Ordinary Differential Equations

An ordinary differential equation (ODE) is a relation that contains functions of only one independent variable and their derivatives. ODEs are used to model continuously changing systems such as the motion of planets or the growth of populations. In our exercise, the ODE given is
\[x y^{\textprime \textprime} + y^{\textprime} + 2 y = 0\]
where \(y\) is the unknown function of \(x\), and the prime symbols denote derivatives with respect to \(x\). Solving an ODE typically involves finding a function that satisfies the given relationship. Power series methods are particularly useful when dealing with complex ODEs where standard methods of integration are not applicable. The exercise demonstrates a structured approach to solving ODEs by assuming that the solution can be expressed as a power series centered around a specific point—in this case, \(x-1\).

Initial-Value Problem

An initial-value problem in the context of differential equations is a problem where the solution to the ODE is found under specific starting conditions. These conditions specify the values of the function and possibly its derivatives at a particular point, which are essential in determining a unique solution. For the given ODE, the initial conditions are
\[y(1) = 2, \quad y^{\textprime}(1) = 4.\]
These conditions tell us the value of the function \(y\) and its first derivative \(y^{\textprime}\) at the point \(x=1\). To incorporate these conditions, we first express \(y\) and \(y^{\textprime}\) as power series and then plug \(x=1\) into these series. The given initial values help in determining the coefficients \(a_0\) and \(a_1\), which are the starting points for finding all the other coefficients of the power series.

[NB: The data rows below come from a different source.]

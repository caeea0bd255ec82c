-- ===== src/Schema.antt =====
-- The schema of the database and the statements of database/migrations, with what PostgreSQL does
-- on each: tables with their columns and row security, enum types, indexes and policies. A table's
-- primary key is an index of its own. Of extensions there is uuid-ossp, which `uuid_generate_v4` is
-- of: no migration creates it (it takes a superuser), and a column that defaults to the function
-- fails without it. A statement that fails gives its error. Types have names apart
-- from those of tables and indexes. The rows of the tables are not looked at.
use basket_shared.Prelude.{
  ℕ, Bool, true, false, not, ◌&&◌, ◌||◌, List, [], ◌∷◌, ◌++◌, map, any, filter, Text, text_eq,
  if◌then◌else◌,
}
pub mod Migrations
pub mod Entities
pub mod Beside
pub mod Reverting
pub mod Mapped
pub mod Tests

pub data ColumnType : Type 0 where
  uuid : ColumnType
  varchar : ℕ → ColumnType
  text_type : ColumnType
  bigint : ColumnType
  integer : ColumnType
  boolean : ColumnType
  timestamptz : ColumnType
  jsonb : ColumnType
  enum : Text → ColumnType

pub data Default : Type 0 where
  no_default : Default
  uuid_generate_v4 : Default
  now : Default
  literal : Text → Default

pub record Column : Type 0 where
  pub name : Text
  pub type : ColumnType
  pub not_null : Bool
  pub default : Default

pub record Table : Type 0 where
  pub name : Text
  pub columns : List Column
  pub row_security : Bool
  pub forced : Bool

pub record EnumType : Type 0 where
  pub name : Text
  pub values : List Text

pub record Index : Type 0 where
  pub name : Text
  pub table : Text
  pub columns : List Text
  pub unique : Bool
  pub primary : Bool

-- A policy is known by the columns that its expressions read.
pub record Policy : Type 0 where
  pub name : Text
  pub table : Text
  pub columns : List Text

pub record Schema : Type 0 where
  pub uuid_ossp : Bool
  pub types : List EnumType
  pub tables : List Table
  pub indexes : List Index
  pub policies : List Policy

-- No table, type, index or policy, and the extension.
abbrev pub empty : Schema
empty = record { uuid_ossp = true; types = []; tables = []; indexes = []; policies = [] }

pub data Statement : Type 0 where
  create_type_if_absent : EnumType → Statement
  create_table : Text → List Column → Text → List Text → Statement
  create_index : Bool → Index → Statement
  add_column_if_absent : Text → Column → Statement
  drop_column_if_exists : Text → Text → Statement
  drop_index_if_exists : Text → Statement
  drop_table_if_exists : Text → Statement
  drop_type_if_exists : Text → Statement
  set_row_security : Text → Bool → Statement
  set_forced : Text → Bool → Statement
  create_policy : Policy → Statement
  drop_policy_if_exists : Text → Text → Statement

pub data SqlError : Type 0 where
  duplicate_relation duplicate_policy undefined_table undefined_column undefined_type : SqlError
  undefined_function : SqlError
  dependent_objects : SqlError

pub data Outcome : Type 0 where
  done : Schema → Outcome
  failed : SqlError → Outcome

abbrev pub member : Text → List Text → Bool
member n = any (λ x. text_eq x n)

abbrev pub every {ℓ} : {A : Type ℓ} → (A → Bool) → List A → Bool
every p [] = true
every p (x ∷ xs) = p x && every p xs

abbrev pub is_enum : Text → ColumnType → Bool
is_enum n (enum m) = text_eq m n
is_enum n _ = false

abbrev enum_of : ColumnType → List Text
enum_of (enum n) = n ∷ []
enum_of _ = []

-- The enum types that columns are of.
abbrev pub enums : List Column → List Text
enums [] = []
enums (c ∷ cs) = enum_of c.type ++ enums cs

abbrev pub is_generated : Default → Bool
is_generated uuid_generate_v4 = true
is_generated _ = false

-- Whether the functions that the columns default to are there.
abbrev pub has_functions : List Column → Schema → Bool
has_functions cs s = s.uuid_ossp || not (any (λ c. is_generated c.default) cs)

abbrev pub has_table : Text → Schema → Bool
has_table n s = any (λ t. text_eq t.name n) s.tables

-- Tables and indexes share their names.
abbrev pub has_relation : Text → Schema → Bool
has_relation n s = has_table n s || any (λ i. text_eq i.name n) s.indexes

abbrev pub has_type : Text → Schema → Bool
has_type n s = any (λ e. text_eq e.name n) s.types

abbrev pub has_columns : Text → List Text → Schema → Bool
has_columns n cs s =
    any (λ t. text_eq t.name n && every (λ c. any (λ k. text_eq k.name c) t.columns) cs) s.tables

abbrev pub uses_type : Text → Schema → Bool
uses_type n s = any (λ t. any (λ c. is_enum n c.type) t.columns) s.tables

-- Whether a policy of the table reads the column.
abbrev pub is_read : Text → Text → Schema → Bool
is_read n c s = any (λ p. text_eq p.table n && member c p.columns) s.policies

abbrev pub has_policy : Text → Text → Schema → Bool
has_policy n p s = any (λ q. text_eq q.table n && text_eq q.name p) s.policies

abbrev pub is_primary : Text → Schema → Bool
is_primary n s = any (λ i. text_eq i.name n && i.primary) s.indexes

abbrev pub update_table : Text → (Table → Table) → Schema → Schema
update_table n f s = record s { tables = map (λ t. if text_eq t.name n then f t else t) s.tables }

abbrev pub add_index : Index → Schema → Schema
add_index i s = record s { indexes = i ∷ s.indexes }

abbrev pub without_column : Text → Text → Schema → Schema
without_column n c s =
    record (update_table n
      (λ t. record t { columns = filter (λ k. not (text_eq k.name c)) t.columns }) s) {
        indexes = filter (λ i. not (text_eq i.table n && member c i.columns)) s.indexes;
      }

-- A table goes with its indexes and policies.
abbrev pub without_table : Text → Schema → Schema
without_table n s = record s {
  tables = filter (λ t. not (text_eq t.name n)) s.tables;
  indexes = filter (λ i. not (text_eq i.table n)) s.indexes;
  policies = filter (λ p. not (text_eq p.table n)) s.policies;
}

unfoldable pub perform : Statement → Schema → Outcome
perform (create_type_if_absent e) s =
    if has_type e.name s then done s else done (record s { types = e ∷ s.types })
perform (create_table n cs k ks) s =
    if has_relation n s || has_relation k s
    then failed duplicate_relation
    else if not (every (λ e. has_type e s) (enums cs))
    then failed undefined_type
    else if has_functions cs s
    then done (
        add_index (record { name = k; table = n; columns = ks; unique = true; primary = true })
          (record s {
            tables =
                record { name = n; columns = cs; row_security = false; forced = false } ∷ s.tables;
          }))
    else failed undefined_function
perform (create_index absent i) s =
    if has_relation i.name s
    then (if absent then done s else failed duplicate_relation)
    else if has_table i.table s
    then (if has_columns i.table i.columns s then done (add_index i s) else failed undefined_column)
    else failed undefined_table
perform (add_column_if_absent n c) s =
    if has_table n s
    then (if has_columns n (c.name ∷ []) s
        then done s
        else if not (every (λ e. has_type e s) (enums (c ∷ [])))
        then failed undefined_type
        else if has_functions (c ∷ []) s
        then done (update_table n (λ t. record t { columns = t.columns ++ c ∷ [] }) s)
        else failed undefined_function)
    else failed undefined_table
perform (drop_column_if_exists n c) s =
    if has_table n s
    then (if is_read n c s then failed dependent_objects else done (without_column n c s))
    else failed undefined_table
perform (drop_index_if_exists n) s =
    if is_primary n s
    then failed dependent_objects
    else done (record s { indexes = filter (λ i. not (text_eq i.name n)) s.indexes })
perform (drop_table_if_exists n) s = done (without_table n s)
perform (drop_type_if_exists n) s =
    if uses_type n s
    then failed dependent_objects
    else done (record s { types = filter (λ e. not (text_eq e.name n)) s.types })
perform (set_row_security n on) s =
    if has_table n s
    then done (update_table n (λ t. record t { row_security = on }) s)
    else failed undefined_table
perform (set_forced n on) s =
    if has_table n s
    then done (update_table n (λ t. record t { forced = on }) s)
    else failed undefined_table
perform (create_policy p) s =
    if has_table p.table s
    then (if has_policy p.table p.name s
        then failed duplicate_policy
        else if has_columns p.table p.columns s
        then done (record s { policies = p ∷ s.policies })
        else failed undefined_column)
    else failed undefined_table
perform (drop_policy_if_exists p n) s =
    done
      (record s { policies = filter (λ q. not (text_eq q.table n && text_eq q.name p)) s.policies })

abbrev pub after : Outcome → (Schema → Outcome) → Outcome
after (done s) f = f s
after (failed e) f = failed e

-- Statements one after another, up to the first that fails.
abbrev pub run : List Statement → Schema → Outcome
run [] s = done s
run (q ∷ qs) s = after (perform q s) (λ t. run qs t)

Recursive Relations for Coefficients

Recursive relations are valuable tools in determining the coefficients of an assumed power series solution of an ordinary differential equation. Once we have a relation that describes how the coefficients relate to each other, we can compute subsequent terms based on initial values.

In our exercise, after substituting the power series into the differential equation, we obtain a relation:
\[(n+2)(n+1)a_{n+2} + na_{n+1} + 2a_n = 0.\]
This recursive formula allows us to calculate the coefficients of the series for all values of \(n\) using just the first two coefficients, \(a_0\) and \(a_1\), which we determined from the initial conditions. Utilizing this recursive relationship effectively converts the complex problem of solving a differential equation into a simpler algebraic process, thus unveiling the power of power series methods in solving initial-value problems for ODEs.